____ Data section

-- ===== src/Cbor/Ctap2/Raw.antt =====
-- The raw head functions of src/cbor/bio_cbor_ctap2.c against the head of RFC 8949 and against
-- the decoder.
use hiya.Base.{
  ℕ, ◌+◌, ◌*◌, ◌^◌, ◌≤◌, ◌<◌, ◌≡◌, List, [], ◌∷◌, ◌++◌, length, memcpy, Bool-cases, inl, inr,
  bit_or, some, leb, if◌then◌else◌, arith,
}
use hiya.Cbor.{Major, code, u8, shr}
use hiya.Cbor.Head.{head, head_byte, be, additional, follow, length-head}
use hiya.Cbor.Decoder.{be16_of, be32_of, be64_of}
use hiya.Cbor.Decoder.Read.{
  Carries, Carries-shortest, byte_fields, be16_of-be, be32_of-be, be64_of-be,
}
use hiya.Cbor.Ctap2.{encode_head_raw, decode_head_raw}

-- The bytes of each branch are those of the shortest head.
one_byte :
    (mt : Major) (v : ℕ)
    → v ≤ 23
    → (bit_or (u8 (code mt * 2 ^ 5)) (u8 v) ∷ [] ≡ head mt v) × (follow v ≡ 0)
unfolding head additional follow
one_byte mt v h = (rw (small, head_byte mt v (omega arith)) (ground arith), ground arith)
  where
    small : u8 v ≡ v
    small = omega arith

two_bytes :
    (mt : Major) (v : ℕ)
    → 23 < v
    → v ≤ 0xff
    → (bit_or (u8 (code mt * 2 ^ 5)) 24 ∷ u8 v ∷ [] ≡ head mt v) × (follow v ≡ 1)
unfolding head additional follow
two_bytes mt v h g = (rw (head_byte mt 24 (omega arith)) (ground arith), ground arith)

three_bytes :
    (mt : Major) (v : ℕ)
    → 0xff < v
    → v ≤ 0xffff
    → (bit_or (u8 (code mt * 2 ^ 5)) 25 ∷ u8 (shr v 8) ∷ u8 v ∷ [] ≡ head mt v) × (follow v ≡ 2)
unfolding head additional follow
three_bytes mt v h g = (rw (head_byte mt 25 (omega arith)) (ground arith), ground arith)

five_bytes :
    (mt : Major) (v : ℕ)
    → 0xffff < v
    → v ≤ 0xffff_ffff
    → (bit_or (u8 (code mt * 2 ^ 5)) 26 ∷ u8 (shr v 24) ∷ u8 (shr v 16) ∷ u8 (shr v 8) ∷ u8 v ∷ []
        ≡ head mt v)
      × (follow v ≡ 4)
unfolding head additional follow
five_bytes mt v h g = (rw (head_byte mt 26 (omega arith)) (ground arith), ground arith)

nine_bytes :
    (mt : Major) (v : ℕ)
    → 0xffff_ffff < v
    → v < 2 ^ 64
    → (bit_or (u8 (code mt * 2 ^ 5)) 27
          ∷ u8 (shr v 56)
          ∷ u8 (shr v 48)
          ∷ u8 (shr v 40)
          ∷ u8 (shr v 32)
          ∷ u8 (shr v 24)
          ∷ u8 (shr v 16)
          ∷ u8 (shr v 8)
          ∷ u8 v
          ∷ []
        ≡ head mt v)
      × (follow v ≡ 8)
unfolding head additional follow
nine_bytes mt v h g = (rw (head_byte mt 27 (omega arith)) (ground arith), ground arith)

-- For an argument below 2 ^ 64, `bio_cbor_encode_head_raw` writes the shortest head of RFC 8949
-- and returns its length if the buffer's size allows it, and leaves the buffer as it was and
-- returns 0 if not.
pub encode_head_raw-head :
    (buf : List ℕ) (size : ℕ) (mt : Major) (v : ℕ)
    → v < 2 ^ 64
    → encode_head_raw buf size mt v
      ≡ (if leb (1 + follow v) size then (memcpy buf 0 (head mt v), 1 + follow v) else (buf, 0))
unfolding encode_head_raw
encode_head_raw-head buf size mt v h = elim (Bool-cases (leb v 23)) [
  | inl p ↦ ground (arith, one_byte mt v)
  | inr p ↦ elim (Bool-cases (leb v 0xff)) [
    | inl q ↦ ground (arith, two_bytes mt v)
    | inr q ↦ elim (Bool-cases (leb v 0xffff)) [
      | inl r ↦ ground (arith, three_bytes mt v)
      | inr r ↦ elim (Bool-cases (leb v 0xffff_ffff)) [
        | inl s ↦ ground (arith, five_bytes mt v)
        | inr s ↦ ground (arith, nine_bytes mt v)
      ]
    ]
  ]
]

be16_ahead : (v : ℕ) (back : List ℕ) → v < 2 ^ 16 → be16_of (be 2 v ++ back) ≡ v
unfolding be16_of
be16_ahead v back h = be16_of-be v h

be32_ahead : (v : ℕ) (back : List ℕ) → v < 2 ^ 32 → be32_of (be 4 v ++ back) ≡ v
unfolding be32_of
be32_ahead v back h = be32_of-be v h

be64_ahead : (v : ℕ) (back : List ℕ) → v < 2 ^ 64 → be64_of (be 8 v ++ back) ≡ v
unfolding be64_of
be64_ahead v back h = be64_of-be v h

-- A head in any of the forms of RFC 8949, the shortest or not, on memory of at least its
-- length, is read by `bio_cbor_decode_head_raw` with its length, its major type and its
-- argument.
pub decode_head_raw-Carries :
    (mt : Major) (ai k v size : ℕ) (back : List ℕ)
    → Carries ai k v
    → 1 + k ≤ size
    → decode_head_raw ((code mt * 32 + ai) ∷ (be k v ++ back)) size
      ≡ some (record { used = 1 + k; major = mt; value = v })
unfolding decode_head_raw
decode_head_raw-Carries mt ai k v size back (inl (h, e, g)) l =
    let (top, low) = byte_fields mt ai (omega arith) in rw (top, low, e) (ground arith)
decode_head_raw-Carries mt ai k v size back (inr (inl (h, e, g))) l =
    let (top, low) = byte_fields mt ai (omega arith) in rw (top, low, h, e) (ground arith)
decode_head_raw-Carries mt ai k v size back (inr (inr (inl (h, e, g)))) l =
    let (top, low) = byte_fields mt ai (omega arith) in
    rw (top, low, h, e) (ground (arith, be16_ahead v back g))
decode_head_raw-Carries mt ai k v size back (inr (inr (inr (inl (h, e, g))))) l =
    let (top, low) = byte_fields mt ai (omega arith) in
    rw (top, low, h, e) (ground (arith, be32_ahead v back g))
decode_head_raw-Carries mt ai k v size back (inr (inr (inr (inr (h, e, g))))) l =
    let (top, low) = byte_fields mt ai (omega arith) in
    rw (top, low, h, e) (ground (arith, be64_ahead v back g))

pub decode_head_raw-head :
    (mt : Major) (v size : ℕ) (back : List ℕ)
    → v < 2 ^ 64
    → length (head mt v) ≤ size
    → decode_head_raw (head mt v ++ back) size
      ≡ some (record { used = length (head mt v); major = mt; value = v })
decode_head_raw-head mt v size back h l =
    let n = length-head mt v in
    rw n (
      unfold head in
      decode_head_raw-Carries mt (additional v) (follow v) v size back (Carries-shortest v h)
        (omega arith))
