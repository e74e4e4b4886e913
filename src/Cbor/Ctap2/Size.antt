-- ===== src/Cbor/Ctap2/Size.antt =====
-- `bio_cbor_item_encoded_size` of src/cbor/bio_cbor_ctap2.c: the size of an encoded item, and the
-- bounds of any size that it reports.
use hiya.Base.{
  ℕ, suc, ◌+◌, ◌-◌, ◌*◌, ◌^◌, ◌≤◌, ◌<◌, ◌≡◌, sym, ◌∙◌, ap, false, ◌||◌, List, [], ◌∷◌, ◌++◌, length,
  bit_and, low_five, some, ltb, ◌==◌, if◌then◌else◌, arith, drop, ◌⊎◌, cbor_invalid, drop-append,
  append_assoc, append-nil, length-append,
}
use hiya.Cbor.{Major, code, size_max, add_size}
use hiya.Cbor.Head.{head, be, additional, length-be}
use hiya.Cbor.Tree.{simple, IsValid}
use hiya.Cbor.Tree.Size.{sizes}
use hiya.Cbor.Decoder.{Result, done, fail, at}
use hiya.Cbor.Ctap2.{RawHead, decode_head_raw, size_of_head, size_depth, simple_size}
use hiya.Cbor.Ctap2.Raw.{decode_head_raw-head, decode_head_raw-Carries}

-- A buffer that begins with the bytes `bs`, in memory.
pub record Begins (p : List ℕ) (len : ℕ) (bs : List ℕ) : Type 0 where
  pub rest : List ℕ
  pub split : p ≡ bs ++ rest
  pub whole : len ≡ length p
  pub small : len < 2 ^ 63

-- Behind a prefix, what comes next begins.
pub Begins-drop :
    (p : List ℕ) (len n : ℕ) (xs ys : List ℕ)
    → n ≡ length xs
    → Begins p len (xs ++ ys)
    → Begins (drop n p) (len - n) ys
Begins-drop p len n xs ys e b =
    let q = b.split ∙ append_assoc xs ys b.rest in
    let r : drop n p ≡ ys ++ b.rest =
      ap (drop n) q ∙ ap (λ k. drop k (xs ++ (ys ++ b.rest))) e ∙ drop-append xs (ys ++ b.rest) in
    record {
      rest = b.rest;
      split = r;
      whole = omega (arith, b.whole, ap length q, ap length r, length-append xs (ys ++ b.rest));
      small = omega (arith, b.small);
    }

-- A prefix of what begins.
pub Begins-front :
    (p : List ℕ) (len : ℕ) (xs ys : List ℕ) → Begins p len (xs ++ ys) → Begins p len xs
Begins-front p len xs ys b = record {
  rest = ys ++ b.rest;
  split = b.split ∙ append_assoc xs ys b.rest;
  whole = b.whole;
  small = b.small;
}

pub Begins-le : (p : List ℕ) (len : ℕ) (bs : List ℕ) → Begins p len bs → length bs ≤ len
Begins-le p len bs b = omega (arith, b.whole, ap length b.split, length-append bs b.rest)

-- A call on a head that is read goes on with its `switch`.
behind_head :
    (l : ℕ) (p : List ℕ) (len : ℕ) (h : RawHead)
    → 0 < len
    → decode_head_raw p len ≡ some h
    → size_depth (suc l) p len ≡ size_of_head (size_depth l) h h.major p len
unfolding size_depth
behind_head l p len h pos e = let nz : (len == 0) ≡ false = ground arith in rw (nz, e)

pub head_size :
    (l : ℕ) (mt : Major) (v : ℕ) (p : List ℕ) (len : ℕ) (bs : List ℕ)
    → v < 2 ^ 64
    → Begins p len (head mt v ++ bs)
    → size_depth (suc l) p len
      ≡ size_of_head
          (size_depth l)
          (record { used = length (head mt v); major = mt; value = v })
          mt
          p
          len
head_size l mt v p len bs h b =
    let room = Begins-le p len (head mt v) (Begins-front p len (head mt v) bs b) in
    let e = b.split ∙ append_assoc (head mt v) bs b.rest in
    behind_head l p len _ (omega sizes) (rw e (decode_head_raw-head mt v len (bs ++ b.rest) h room))

-- The first byte of a head.
first_byte :
    (mt : Major) (v : ℕ) (p : List ℕ) (bs : List ℕ)
    → p ≡ head mt v ++ bs
    → at p 0 ≡ code mt * 32 + additional v
unfolding head
first_byte mt v p bs e = ap (λ x. at x 0) e

string_size :
    (child : List ℕ → ℕ → Result ℕ) (mt : Major) (used : ℕ) (p : List ℕ) (len n : ℕ)
    → used + n ≤ len
    → len < 2 ^ 63
    → ((ltb (size_max - used) n || ltb len (add_size used n)) ≡ false)
      × (add_size used n ≡ used + n)
string_size child mt used p len n h l = (ground arith, omega arith)

-- An item that has its whole encoding at the start of the buffer is measured.
abbrev pub Measured : ℕ → List ℕ → ℕ → List ℕ → Type 0
Measured l p len bs = size_depth l p len ≡ done (length bs)

pub simple-Measured :
    (l v : ℕ) (p : List ℕ) (len : ℕ)
    → IsValid (simple v)
    → Begins p len (head Major.simple v)
    → Measured (suc l) p len (head Major.simple v)
unfolding size_of_head
simple-Measured l v p len h b =
    let hd = head Major.simple v in
    let room = Begins-le p len hd b in
    let low : bit_and (at p 0) 0x1f ≡ additional v =
      rw (first_byte Major.simple v p b.rest b.split)
        (low_five (7 * 32 + additional v) ∙ omega (arith, small_ai)) in
    let plain : simple_size (additional v) (length hd) ≡ length hd = ground (arith, small_ai) in
    let fits : ltb len (length hd) ≡ false = ground arith in
    head_size l Major.simple v p len [] (omega arith) (record {
      rest = b.rest;
      split = b.split ∙ ap (λ x. x ++ b.rest) (sym (append-nil hd));
      whole = b.whole;
      small = b.small;
    })
    ∙ rw (low, plain, fits)
  where
    small_ai : additional v ≤ 24
    small_ai = unfold additional in ground arith

pub bits-Measured :
    (l ai k v : ℕ) (p : List ℕ) (len : ℕ)
    → (ai ≡ 26) × (k ≡ 4) × (v < 2 ^ 32) ⊎ (ai ≡ 27) × (k ≡ 8) × (v < 2 ^ 64)
    → Begins p len ((7 * 32 + ai) ∷ be k v)
    → Measured (suc l) p len ((7 * 32 + ai) ∷ be k v)
unfolding size_of_head
bits-Measured l ai k v p len h b =
    let room = Begins-le p len ((7 * 32 + ai) ∷ be k v) b in
    let low : bit_and (at p 0) 0x1f ≡ ai = rw b.split (low_five (7 * 32 + ai) ∙ omega arith) in
    let wide : simple_size ai (1 + k) ≡ 1 + k = ground arith in
    let fits : ltb len (1 + k) ≡ false = ground (arith, length-be k v) in
    behind_head l p len (record { used = 1 + k; major = Major.simple; value = v }) (omega arith)
      (rw b.split (
        decode_head_raw-Carries Major.simple ai k v len b.rest (omega arith)
          (omega (arith, length-be k v))))
    ∙ rw (low, wide, fits) (ap done (omega (arith, length-be k v)))

pub bytes-Measured :
    (l : ℕ) (mt : Major) (bs p : List ℕ) (len : ℕ)
    → ((child : List ℕ → ℕ → Result ℕ) (h : RawHead)
        → size_of_head child h mt p len ≡ (
            if ltb (size_max - h.used) h.value || ltb len (add_size h.used h.value)
            then fail cbor_invalid
            else done (add_size h.used h.value)))
    → length bs < 2 ^ 63
    → Begins p len (head mt (length bs) ++ bs)
    → Measured (suc l) p len (head mt (length bs) ++ bs)
bytes-Measured l mt bs p len f h b =
    let n = length bs in
    let room = Begins-le p len (head mt n ++ bs) b in
    let (fits, sum) =
      string_size (size_depth l) mt (length (head mt n)) p len n (omega sizes) b.small in
    head_size l mt n p len bs (omega arith) b
    ∙ f (size_depth l) _
    ∙ rw (fits, sum) (ap done (omega sizes))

________

__Directions for this task__
Find and copy each line in the material above where the string "used" occurs.

__Exercise result__
      ≡ some (record { used = 1 + k; major = mt; value = v })
      ≡ some (record { used = length (head mt v); major = mt; value = v })
          (record { used = length (head mt v); major = mt; value = v })
    (child : List ℕ → ℕ → Result ℕ) (mt : Major) (used : ℕ) (p : List ℕ) (len n : ℕ)
    → used + n ≤ len
    → ((ltb (size_max - used) n || ltb len (add_size used n)) ≡ false)
      × (add_size used n ≡ used + n)
string_size child mt used p len n h l = (ground arith, omega arith)
    behind_head l p len (record { used = 1 + k; major = Major.simple; value = v }) (omega arith)
            if ltb (size_max - h.used) h.value || ltb len (add_size h.used h.value)
            else done (add_size h.used h.value)))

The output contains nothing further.